- [WHAT TO WORK ON] State how many lines in the entries below hold the string "prop", and give nothing besides that number.

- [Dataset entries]
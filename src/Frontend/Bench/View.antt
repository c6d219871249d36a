-- ===== src/Frontend/Bench/View.antt =====
-- components/benchmarks/: what the form and the results render, and the page as it runs.
use Prim.Native.String.{String}
use quark_cache.Common.{
  ℕ, suc, ◌/◌, false, Option, none, some, List, [], ◌∷◌, ◌++◌, map, ltb, leb, if◌then◌else◌,
}
use quark_cache.Common.Text.{◌+++◌, show}
use quark_cache.Frontend.Js.{Js}
use quark_cache.Frontend.Api.{Reply, BenchmarkResponse, LatencyPercentiles}
use quark_cache.Frontend.Html.{
  Node, el, text, prop, flag, on, on_value, slide, kids, when, when_some, label, Offers,
}
use quark_cache.Frontend.Runtime.{Page}
use quark_cache.Frontend.Bench.{
  State, initial, Body, ops_options, at_least_one, twentieths, num_ops, handle_run, resume,
}

pub data Event : Type 0 where
  set_ops_idx : ℕ → Event
  set_read_ratio : ℕ → Event
  set_value_size : String → Event
  set_key_space : String → Event
  run_benchmark : Event

-- A mark of the slider of operations.
abbrev pub mark_label : ℕ → String
mark_label n = if leb 1000 n then show (n / 1000) +++ "k" else show n

abbrev pub marks_from : ℕ → List ℕ → List (Node Event)
marks_from i [] = []
marks_from i (n ∷ ns) =
    el "Mark" (prop "value" (show i) ∷ prop "label" (mark_label n) ∷ []) (kids [])
    ∷ marks_from (suc i) ns

-- A statistic, with its unit if it has one.
unfoldable pub stat_box : String → String → Option String → Node Event
stat_box name value unit = el "Box" [] (
    kids (
      el "Typography" [] (kids (text value ∷ when_some unit (λ u. label "Typography" u ∷ [])))
      ∷ label "Typography" name
      ∷ []))

module _ (js : Js) where
  open js use {Number, integer, sub, mul, round, to_fixed, to_locale, to_text}

  abbrev locale : ℕ → String
  locale n = to_locale (integer false n)

  abbrev locale_ops : State js → String
  locale_ops s = elim (num_ops js s) [ none ↦ "" | some n ↦ locale n ]

  abbrev percent_of : Number → String
  percent_of x = to_text (round (mul x (integer false 100)))

  unfoldable pub form : State js → Node Event
  unfolding show
  form s = el "Card" [] (
      kids (
        label "Typography" "Configure Benchmark"
        ∷ label "Typography" ("Total Operations: " +++ locale_ops s)
        ∷ el "Slider" (prop "value" (show s.ops_idx) ∷ slide 0 6 set_ops_idx ∷ [])
            (kids (marks_from 0 ops_options))
        ∷ label "Typography" (
            "Read Ratio: "
            +++ percent_of s.read_ratio
            +++ "% GET / "
            +++ percent_of (sub (integer false 1) s.read_ratio)
            +++ "% SET")
        ∷ el "Slider" (prop "value" (to_text s.read_ratio) ∷ slide 0 20 set_read_ratio ∷ [])
            (kids [])
        ∷ el "TextField" (prop "value" (show s.value_size) ∷ on_value "change" set_value_size ∷ [])
            (kids [])
        ∷ el "TextField" (prop "value" (show s.key_space) ∷ on_value "change" set_key_space ∷ [])
            (kids [])
        ∷ (when s.loading (el "LinearProgress" [] (kids []) ∷ [])
            ++ el "Button" (on "click" run_benchmark ∷ flag "disabled" s.loading ∷ []) (
                kids (
                  text
                    (if s.loading then "Running " +++ locale_ops s +++ " ops…" else "Run Benchmark")
                  ∷ []))
              ∷ when_some s.error
                  (λ e. el "Alert" (prop "severity" "error" ∷ []) (kids (text e ∷ [])) ∷ []))))

  abbrev pub percentiles : LatencyPercentiles Number → List (String × Number)
  percentiles l =
      ("Min", l.min_ms)
      ∷ ("p50", l.p50_ms)
      ∷ ("p95", l.p95_ms)
      ∷ ("p99", l.p99_ms)
      ∷ ("Max", l.max_ms)
      ∷ []

  unfoldable pub percentile_box : String × Number → Node Event
  percentile_box (name, val) =
      el "Box" (prop "key" name ∷ [])
        (kids (label "Typography" (to_fixed val 2 +++ "ms") ∷ label "Typography" name ∷ []))

  -- `n.toLocaleString(undefined, { maximumFractionDigits: 0 })` is the argument `whole`.
  unfoldable pub results : (whole : Number → String) → BenchmarkResponse Number → Node Event
  unfolding stat_box percentile_box show
  results whole r = el "Card" [] (
      kids (
        label "Typography" "Results"
        ∷ (when (ltb 0 r.errors)
              (el "Chip" (prop "label" (show r.errors +++ " errors") ∷ []) (kids []) ∷ [])
            ++ stat_box "Operations" (locale r.num_ops) none
              ∷ stat_box "Total time" (to_fixed r.total_time_ms 0) (some "ms")
              ∷ stat_box "Throughput" (whole r.ops_per_sec) (some "ops/s")
              ∷ stat_box "Errors" (show r.errors) none
              ∷ label "Typography" "Latency percentiles"
              ∷ map percentile_box (percentiles r.latency))))

  unfoldable pub view : (whole : Number → String) → State js → Node Event
  unfolding form results
  view whole s = el "Box" [] (
      kids (
        label "Typography" "Benchmarks"
        ∷ label "Typography"
            "Run a workload against the cache and inspect throughput and latency stats"
        ∷ form s
        ∷ when_some s.result (λ r. results whole r ∷ [])))

  unfoldable pub handle : Event → State js → State js × List (Body js)
  unfolding at_least_one
  handle (set_ops_idx i) s = (record s { ops_idx = i }, [])
  handle (set_read_ratio k) s = (record s { read_ratio = twentieths js k }, [])
  handle (set_value_size v) s = (record s { value_size = at_least_one v }, [])
  handle (set_key_space v) s = (record s { key_space = at_least_one v }, [])
  handle run_benchmark s = handle_run js s

  abbrev pub page : (Number → String) → Page
  page whole = record {
    State = State js;
    Event = Event;
    Env = Unit {0};
    Pending = Body js;
    Result = λ b. Reply (BenchmarkResponse Number);
    CanHappen = λ s e. Offers e (view whole s);
    start = initial js;
    mounted = [];
    handle = λ e _ s. handle e s;
    resume = λ b r _ s. (resume js r s, []);
  }
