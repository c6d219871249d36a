-- ===== src/Frontend/Html/Laws.antt =====
-- The messages of lists of documents, as components build them by `map` and `&&`.
use quark_cache.Common.{
  ◌⊎◌, inl, inr, refl, subst, In, Bool, true, false, Option, none, some, List, [], ◌∷◌, ◌++◌, map,
}
use quark_cache.Frontend.Html.{Node, kids, when, when_some, Offers, OffersAny}

module _ {E : Type 0} (e : E) where
  pub OffersAny-append :
      (ms ns : List (Node E))
      → OffersAny e (kids (ms ++ ns))
      → OffersAny e (kids ms) ⊎ OffersAny e (kids ns)
  OffersAny-append [] ns h = inr h
  OffersAny-append (m ∷ ms) ns (inl h) = inl (inl h)
  OffersAny-append (m ∷ ms) ns (inr h) = elim (OffersAny-append ms ns h) [
    | inl k ↦ inl (inr k)
    | inr k ↦ inr k
  ]

  -- A message that a list of rows offers comes from one row, and the other way round.
  pub OffersAny-map :
      {A : Type 0} (row : A → Node E) (xs : List A)
      → OffersAny e (kids (map row xs))
      → (x : A) × In x xs × Offers e (row x)
  OffersAny-map row [] h = absurd h
  OffersAny-map row (x ∷ xs) (inl h) = (x, inl refl, h)
  OffersAny-map row (x ∷ xs) (inr h) =
      let (y, listed, k) = OffersAny-map row xs h in (y, inr listed, k)

  pub OffersAny-map_of :
      {A : Type 0} (row : A → Node E) (x : A) (xs : List A)
      → In x xs
      → Offers e (row x)
      → OffersAny e (kids (map row xs))
  OffersAny-map_of row x [] i h = absurd i
  OffersAny-map_of row x (y ∷ xs) (inl i) h = inl (subst (λ z. Offers e (row z)) i h)
  OffersAny-map_of row x (y ∷ xs) (inr i) h = inr (OffersAny-map_of row x xs i h)

  pub OffersAny-when :
      (b : Bool) (ns : List (Node E)) → OffersAny e (kids (when b ns)) → OffersAny e (kids ns)
  OffersAny-when true ns h = h
  OffersAny-when false ns h = absurd h

  pub OffersAny-when_some :
      {A : Type 0} (o : Option A) (f : A → List (Node E))
      → OffersAny e (kids (when_some o f))
      → (a : A) × OffersAny e (kids (f a))
  OffersAny-when_some none f h = absurd h
  OffersAny-when_some (some a) f h = (a, h)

- [RESULT FOR THIS TASK] 9